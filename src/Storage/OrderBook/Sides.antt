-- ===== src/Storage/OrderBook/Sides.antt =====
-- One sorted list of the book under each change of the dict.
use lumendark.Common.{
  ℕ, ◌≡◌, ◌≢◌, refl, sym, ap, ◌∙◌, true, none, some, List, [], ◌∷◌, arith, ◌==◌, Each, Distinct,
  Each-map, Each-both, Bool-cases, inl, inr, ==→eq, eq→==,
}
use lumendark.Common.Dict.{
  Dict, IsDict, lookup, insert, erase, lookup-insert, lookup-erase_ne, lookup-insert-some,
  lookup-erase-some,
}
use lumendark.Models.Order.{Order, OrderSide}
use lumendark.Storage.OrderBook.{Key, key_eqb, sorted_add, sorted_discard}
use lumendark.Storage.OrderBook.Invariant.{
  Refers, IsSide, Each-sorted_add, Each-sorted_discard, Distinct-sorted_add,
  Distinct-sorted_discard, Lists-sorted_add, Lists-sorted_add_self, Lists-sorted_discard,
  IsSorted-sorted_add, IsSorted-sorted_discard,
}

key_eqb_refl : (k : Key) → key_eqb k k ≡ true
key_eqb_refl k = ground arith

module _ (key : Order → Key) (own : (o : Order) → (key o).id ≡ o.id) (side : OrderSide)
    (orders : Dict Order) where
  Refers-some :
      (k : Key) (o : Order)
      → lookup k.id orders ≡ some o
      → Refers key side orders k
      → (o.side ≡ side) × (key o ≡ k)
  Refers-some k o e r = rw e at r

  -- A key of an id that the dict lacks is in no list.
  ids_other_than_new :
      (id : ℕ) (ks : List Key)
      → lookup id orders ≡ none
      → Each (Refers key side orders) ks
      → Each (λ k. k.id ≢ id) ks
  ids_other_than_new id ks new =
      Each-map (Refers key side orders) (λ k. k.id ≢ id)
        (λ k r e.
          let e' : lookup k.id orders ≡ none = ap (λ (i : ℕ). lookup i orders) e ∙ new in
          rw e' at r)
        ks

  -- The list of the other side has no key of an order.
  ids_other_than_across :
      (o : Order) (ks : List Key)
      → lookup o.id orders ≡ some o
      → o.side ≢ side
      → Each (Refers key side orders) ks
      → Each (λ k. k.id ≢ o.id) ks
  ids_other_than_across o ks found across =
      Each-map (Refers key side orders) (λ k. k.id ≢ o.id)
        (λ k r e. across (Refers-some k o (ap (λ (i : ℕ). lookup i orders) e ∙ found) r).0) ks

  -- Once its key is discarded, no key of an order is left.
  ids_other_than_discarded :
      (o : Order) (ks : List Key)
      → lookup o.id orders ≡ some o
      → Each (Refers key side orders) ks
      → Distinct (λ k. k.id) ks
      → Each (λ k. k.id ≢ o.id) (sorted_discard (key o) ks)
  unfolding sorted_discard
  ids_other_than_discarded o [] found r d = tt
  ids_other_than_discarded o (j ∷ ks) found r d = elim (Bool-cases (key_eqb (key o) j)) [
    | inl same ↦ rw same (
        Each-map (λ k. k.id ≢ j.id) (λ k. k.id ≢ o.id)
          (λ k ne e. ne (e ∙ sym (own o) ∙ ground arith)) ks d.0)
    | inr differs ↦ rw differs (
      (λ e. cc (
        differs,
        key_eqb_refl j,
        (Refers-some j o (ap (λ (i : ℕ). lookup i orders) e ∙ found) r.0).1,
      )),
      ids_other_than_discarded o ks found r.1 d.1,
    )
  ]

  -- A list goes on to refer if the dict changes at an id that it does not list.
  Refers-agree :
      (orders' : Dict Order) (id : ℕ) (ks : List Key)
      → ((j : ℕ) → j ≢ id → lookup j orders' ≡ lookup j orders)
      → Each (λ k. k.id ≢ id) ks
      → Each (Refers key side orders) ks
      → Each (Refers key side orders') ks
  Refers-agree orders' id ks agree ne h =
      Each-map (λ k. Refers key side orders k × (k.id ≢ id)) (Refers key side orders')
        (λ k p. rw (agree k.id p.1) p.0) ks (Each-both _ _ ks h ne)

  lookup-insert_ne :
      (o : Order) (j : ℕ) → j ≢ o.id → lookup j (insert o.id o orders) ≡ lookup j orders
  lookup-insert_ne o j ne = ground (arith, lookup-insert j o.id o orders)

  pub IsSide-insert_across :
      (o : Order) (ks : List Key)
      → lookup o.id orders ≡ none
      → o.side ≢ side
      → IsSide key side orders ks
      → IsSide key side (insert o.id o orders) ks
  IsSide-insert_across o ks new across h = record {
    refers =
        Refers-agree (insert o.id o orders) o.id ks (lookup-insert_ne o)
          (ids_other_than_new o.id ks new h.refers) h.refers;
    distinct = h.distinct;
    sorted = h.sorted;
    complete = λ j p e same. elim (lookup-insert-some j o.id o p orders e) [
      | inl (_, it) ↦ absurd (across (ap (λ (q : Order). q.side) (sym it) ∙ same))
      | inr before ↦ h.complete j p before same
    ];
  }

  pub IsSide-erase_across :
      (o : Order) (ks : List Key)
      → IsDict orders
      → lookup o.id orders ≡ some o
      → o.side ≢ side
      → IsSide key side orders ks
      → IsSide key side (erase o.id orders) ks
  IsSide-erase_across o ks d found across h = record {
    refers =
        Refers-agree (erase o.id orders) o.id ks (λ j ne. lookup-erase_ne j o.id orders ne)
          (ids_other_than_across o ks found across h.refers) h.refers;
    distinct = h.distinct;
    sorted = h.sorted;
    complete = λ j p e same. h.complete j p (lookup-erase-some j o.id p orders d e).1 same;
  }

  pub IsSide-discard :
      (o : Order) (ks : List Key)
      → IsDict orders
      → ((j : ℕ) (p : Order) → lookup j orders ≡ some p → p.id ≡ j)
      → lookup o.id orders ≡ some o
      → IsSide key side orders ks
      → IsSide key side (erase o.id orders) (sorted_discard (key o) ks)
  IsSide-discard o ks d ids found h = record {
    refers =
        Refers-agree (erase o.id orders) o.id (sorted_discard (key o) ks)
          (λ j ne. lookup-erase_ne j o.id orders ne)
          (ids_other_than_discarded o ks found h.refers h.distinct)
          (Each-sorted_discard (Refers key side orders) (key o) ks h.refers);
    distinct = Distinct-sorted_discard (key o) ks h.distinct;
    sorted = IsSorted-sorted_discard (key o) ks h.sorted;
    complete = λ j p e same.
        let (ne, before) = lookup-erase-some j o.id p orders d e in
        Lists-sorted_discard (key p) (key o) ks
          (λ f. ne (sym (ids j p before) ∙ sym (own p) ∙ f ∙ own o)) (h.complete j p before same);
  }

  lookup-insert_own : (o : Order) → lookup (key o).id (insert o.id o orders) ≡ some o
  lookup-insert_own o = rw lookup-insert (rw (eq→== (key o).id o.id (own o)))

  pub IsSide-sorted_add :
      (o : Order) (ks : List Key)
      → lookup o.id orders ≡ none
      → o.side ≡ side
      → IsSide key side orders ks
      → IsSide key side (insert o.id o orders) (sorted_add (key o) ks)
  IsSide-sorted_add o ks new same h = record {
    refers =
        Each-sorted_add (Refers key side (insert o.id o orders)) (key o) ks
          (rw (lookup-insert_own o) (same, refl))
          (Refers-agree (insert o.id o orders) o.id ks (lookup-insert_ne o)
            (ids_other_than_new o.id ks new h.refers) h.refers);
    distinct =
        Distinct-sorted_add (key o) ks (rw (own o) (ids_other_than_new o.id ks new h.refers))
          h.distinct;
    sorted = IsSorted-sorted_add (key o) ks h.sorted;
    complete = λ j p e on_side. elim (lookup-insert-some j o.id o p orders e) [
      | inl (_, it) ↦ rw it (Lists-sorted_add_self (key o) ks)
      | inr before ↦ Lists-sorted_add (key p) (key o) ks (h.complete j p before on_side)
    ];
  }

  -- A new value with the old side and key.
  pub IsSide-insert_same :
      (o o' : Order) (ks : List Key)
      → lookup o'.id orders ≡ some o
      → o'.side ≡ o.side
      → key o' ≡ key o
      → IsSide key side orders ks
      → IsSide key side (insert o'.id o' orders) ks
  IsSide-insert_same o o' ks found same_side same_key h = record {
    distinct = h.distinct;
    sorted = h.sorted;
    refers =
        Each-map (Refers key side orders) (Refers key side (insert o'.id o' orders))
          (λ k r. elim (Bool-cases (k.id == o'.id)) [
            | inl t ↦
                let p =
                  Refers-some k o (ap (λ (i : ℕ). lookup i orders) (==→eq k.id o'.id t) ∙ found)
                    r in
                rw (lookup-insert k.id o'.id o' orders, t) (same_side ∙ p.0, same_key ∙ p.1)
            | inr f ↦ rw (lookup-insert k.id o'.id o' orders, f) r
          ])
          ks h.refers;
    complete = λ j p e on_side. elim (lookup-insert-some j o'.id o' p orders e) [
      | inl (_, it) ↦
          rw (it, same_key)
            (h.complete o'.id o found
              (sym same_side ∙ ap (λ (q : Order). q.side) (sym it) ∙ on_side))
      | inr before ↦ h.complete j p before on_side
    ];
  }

****************

§ PROBLEM DESCRIPTION
Look through the entries above. Copy each line in which the string "record" occurs.

§ SOLUTION TO THE EXERCISE
  IsSide-insert_across o ks new across h = record {
  IsSide-erase_across o ks d found across h = record {
  IsSide-discard o ks d ids found h = record {
  IsSide-sorted_add o ks new same h = record {
  IsSide-insert_same o o' ks found same_side same_key h = record {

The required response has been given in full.